As you instruct staff, be sure to cover what follow-up action needs to happen when information arrives in an incomplete form. For example, if a new family joins your church but hasn’t provided member email addresses and birth dates, pick up the phone and ask for the information you need. When your church is able to use that information to care for those people and keep in touch, you’ll be glad you took the time.

Remember, implementing data entry training should empower your staff. The training should answer seemingly “silly” questions about formalities and punctuation markers, clear up confusions, and testify to the importance of having accurate, consistent data.

Implement a Yearly Refresher Course

If you have staff members who’ve been doing your data entry for years, it may seem a little awkward to start up a yearly refresher course on data entry, but if you spin it the right way, it could really benefit the team (and the database!). Even senior staff forget things or develop bad habits, so the refresher course (probably just a 1- to 2-hour long seminar) is for them just as much as it is for the new staff.
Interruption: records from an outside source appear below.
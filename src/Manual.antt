-- ===== src/Manual.antt =====
-- A route applied by hand: `RouteFragment`, `enqueueCallbackApply` and `routeMatchesPreview`
-- (internal/service/routing.go).
pub mod Preview
pub mod Inbox
mod Examples
use fragments_engine.Common.{
  ℕ, String, Bool, true, false, not, ◌&&◌, ◌||◌, Option, none, some, List, [], ◌∷◌, str_eq,
  if◌then◌else◌,
}
use fragments_engine.Common.Error.{Err, plain, wrap}
use fragments_engine.Delivery.Types.{
  Destination, DeliveryConfig, routed, Fragment, FragmentAttachment, PublishedAttachment,
  DeliveryResult,
}
use fragments_engine.Delivery.Policy.{destination_retry_config}
use fragments_engine.Delivery.Attempt.{Outside}
use fragments_engine.Store.Action.{
  Route, FragmentEntity, Reason, RouteLogEntry, Action, pure, raise, attempt, ◌>>=◌, ◌>>◌,
}
use fragments_engine.Store.Statements.{
  remove, log_decision, get_route, get_destination, get_by_id, list_attachments, update_status,
  update_storage_paths,
}
use fragments_engine.Routing.Reason.{
  empty_payload, encode_delivery_reason, encode_delivery_queued, encode_delivery_queued_by_design,
  encode_manual_route_success, encode_manual_route_error,
}
use fragments_engine.Routing.RunMatch.{execute_destination}
use fragments_engine.Queue.Types.{DeliveryQueueService}
use fragments_engine.Queue.Job.{enqueue_destination_retry, now}

-- `trim_space` is `strings.TrimSpace`.
pub record RoutingService (Q : Type 0) : Type 0 where
  pub outside : Outside
  pub trim_space : String → String
  pub has_attachments : Bool
  pub delivery : Option (DeliveryQueueService Q)
  pub cfg : DeliveryConfig

-- What the call answers when it returns no error.
pub record RouteApplyItem : Type 0 where
  pub fragment_id : String
  pub status : String
  pub written_path : String

queue_unconfigured : Err
queue_unconfigured = plain "callback destination has no delivery queue configured"

abbrev apply_entry : ℕ → String → Route → Destination → String → Reason → RouteLogEntry
apply_entry t fragment_id route d decision reason = record {
  fragment_id = fragment_id;
  route_id = route.id;
  destination_id = d.id;
  decision = decision;
  reason = reason;
  created_at = t;
}

-- The loop of `routeMatchesPreview` over the entities.
preview_entities : Route → List FragmentEntity → Bool
preview_entities route [] = false
preview_entities route (entity ∷ entities) =
    let rest = preview_entities route entities in
    if not (str_eq route.match_entity_kind "") && not (str_eq route.match_entity_kind entity.kind)
    then rest
    else if not (str_eq route.match_entity_value "")
        && not (str_eq route.match_entity_value entity.value)
    then rest
    else true

unfoldable pub route_matches_preview : Route → Fragment → List FragmentEntity → Bool
unfolding preview_entities
route_matches_preview route fragment entities =
    if not (str_eq route.match_source "") && not (str_eq route.match_source fragment.source)
    then false
    else if not (str_eq route.match_type "") && not (str_eq route.match_type fragment.source_type)
    then false
    else if not (str_eq route.match_entity_kind "") || not (str_eq route.match_entity_value "")
    then preview_entities route entities
    else true

module _ {Q : Type 0} where
  -- `_ = s.repo.LogDecision(…)`.
  log_anyway : RouteLogEntry → Action Q (Unit {0})
  log_anyway e = attempt (log_decision e) (λ _. pure tt) (λ _. pure tt)

  -- The reason to log, and the error if the enqueue failed.
  unfoldable pub enqueue_callback_apply :
      RoutingService Q → String → Route → Destination → Action Q (Reason × Option Err)
  unfolding queue_unconfigured
  enqueue_callback_apply s fragment_id route d = enqueue s.delivery
    where
      failed : String → Err → Action Q (Reason × Option Err)
      failed prefix e =
          pure (encode_delivery_reason prefix (record empty_payload { error = some e }), some e)

      enqueue : Option (DeliveryQueueService Q) → Action Q (Reason × Option Err)
      enqueue none = failed "callback_queue_unavailable" queue_unconfigured
      enqueue (some delivery) =
          attempt
            (enqueue_destination_retry delivery fragment_id route.id d.id
              (destination_retry_config s.outside.json d s.cfg))
            (λ _. pure (encode_delivery_queued_by_design d.kind, none))
            (failed "callback_enqueue_error")

  callback_answer : String → Reason × Option Err → Action Q RouteApplyItem
  callback_answer fragment_id (reason, none) =
      pure (record { fragment_id = fragment_id; status = "queued"; written_path = "" })
  callback_answer fragment_id (reason, some e) = raise e

  queue_failed :
      RoutingService Q
      → String
      → Route
      → Destination
      → ℕ
      → Err
      → Option (DeliveryQueueService Q)
      → Action Q (Reason × Bool)
  queue_failed s fragment_id route d attempts e none =
      pure (encode_manual_route_error "reader" route.id attempts e, false)
  queue_failed s fragment_id route d attempts e (some delivery) =
      attempt
        (enqueue_destination_retry delivery fragment_id route.id d.id
          (destination_retry_config s.outside.json d s.cfg))
        (λ _. pure (encode_delivery_queued attempts e, true))
        (λ _. pure (encode_manual_route_error "reader" route.id attempts e, false))

  paths_of_fragment : Bool → String → List PublishedAttachment → Action Q (Unit {0})
  paths_of_fragment false fragment_id ps = pure tt
  paths_of_fragment true fragment_id [] = pure tt
  paths_of_fragment true fragment_id (p ∷ ps) = update_storage_paths fragment_id (p ∷ ps)

  failed_answer : String → Err → Bool → Action Q RouteApplyItem
  failed_answer fragment_id e true =
      pure (record { fragment_id = fragment_id; status = "queued"; written_path = "" })
  failed_answer fragment_id e false = raise e

  finish_apply :
      RoutingService Q
      → ℕ
      → Route
      → Destination
      → String
      → DeliveryResult × Option Err
      → Action Q RouteApplyItem
  finish_apply s t route d fragment_id (delivery, some e) = do
    out ← queue_failed s fragment_id route d delivery.attempts e s.delivery
    log_anyway (apply_entry t fragment_id route d "inbox" out.0)
    failed_answer fragment_id e out.1
  finish_apply s t route d fragment_id (delivery, none) = do
    update_status fragment_id routed
    paths_of_fragment s.has_attachments fragment_id delivery.published_attachments
    remove fragment_id
    log_decision (
        apply_entry t fragment_id route d "manual_route"
          (encode_manual_route_success "reader" route.id delivery.attempts delivery.ref))
    pure (record { fragment_id = fragment_id; status = "routed"; written_path = delivery.ref })

  apply_attachments : Bool → String → Action Q (List FragmentAttachment)
  apply_attachments false fragment_id = pure []
  apply_attachments true fragment_id = list_attachments fragment_id

  deliver_apply :
      RoutingService Q
      → ℕ
      → Route
      → Destination
      → Fragment
      → List FragmentAttachment
      → Action Q RouteApplyItem
  deliver_apply s t route d fragment attachments =
      if str_eq d.kind "callback"
      then (enqueue_callback_apply s fragment.id route d >>= λ out.
          log_anyway (apply_entry t fragment.id route d "inbox" out.0)
          >> callback_answer fragment.id out)
      else (execute_destination s.outside d (record fragment { status = routed }) attachments
          >>= finish_apply s t route d fragment.id)

  -- From the fragment on.
  apply_to : RoutingService Q → Route → Destination → Fragment → Action Q RouteApplyItem
  apply_to s route d fragment = do
    attachments ← apply_attachments s.has_attachments fragment.id
    t ← now
    deliver_apply s t route d fragment attachments

  unfoldable pub apply_route : RoutingService Q → String → String → Action Q RouteApplyItem
  unfolding apply_to deliver_apply failed_answer finish_apply callback_answer queue_failed
      paths_of_fragment apply_attachments log_anyway now
  apply_route s fragment_id route_id =
      if str_eq (s.trim_space fragment_id) "" || str_eq (s.trim_space route_id) ""
      then raise (plain "fragment and route ids are required")
      else (get_route (s.trim_space route_id) >>= λ route.
          get_destination route.destination_id >>= λ d.
          get_by_id (s.trim_space fragment_id) >>= apply_to s route d)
Tell staff that the purpose of the course is to fine-tune your best practices for data management . . . to ensure that everyone is on the same page and provide an opportunity to voice any questions or concerns with the current rules and practices. Set the expectation that you’ll all be learning from each other. You’re likely to discover that some rules that once made sense no longer do and should be updated. A scheduled refresher course gives you a forum in which to bring these issues to light, keep staff involved and informed, and make changes with valuable input from the whole team.

Elect a Database Owner

If you already know who this person is, great! If not, you’ll want to select a staff member to be the point person when it comes to the church database. This staff member should be able to answer questions about the database, data standards, and have the final say on all database-related issues. Having someone elected to make these calls, along with a great set of data entry standards and appropriate job training punctuated with timely refresher courses, should help keep the church database in great shape longterm!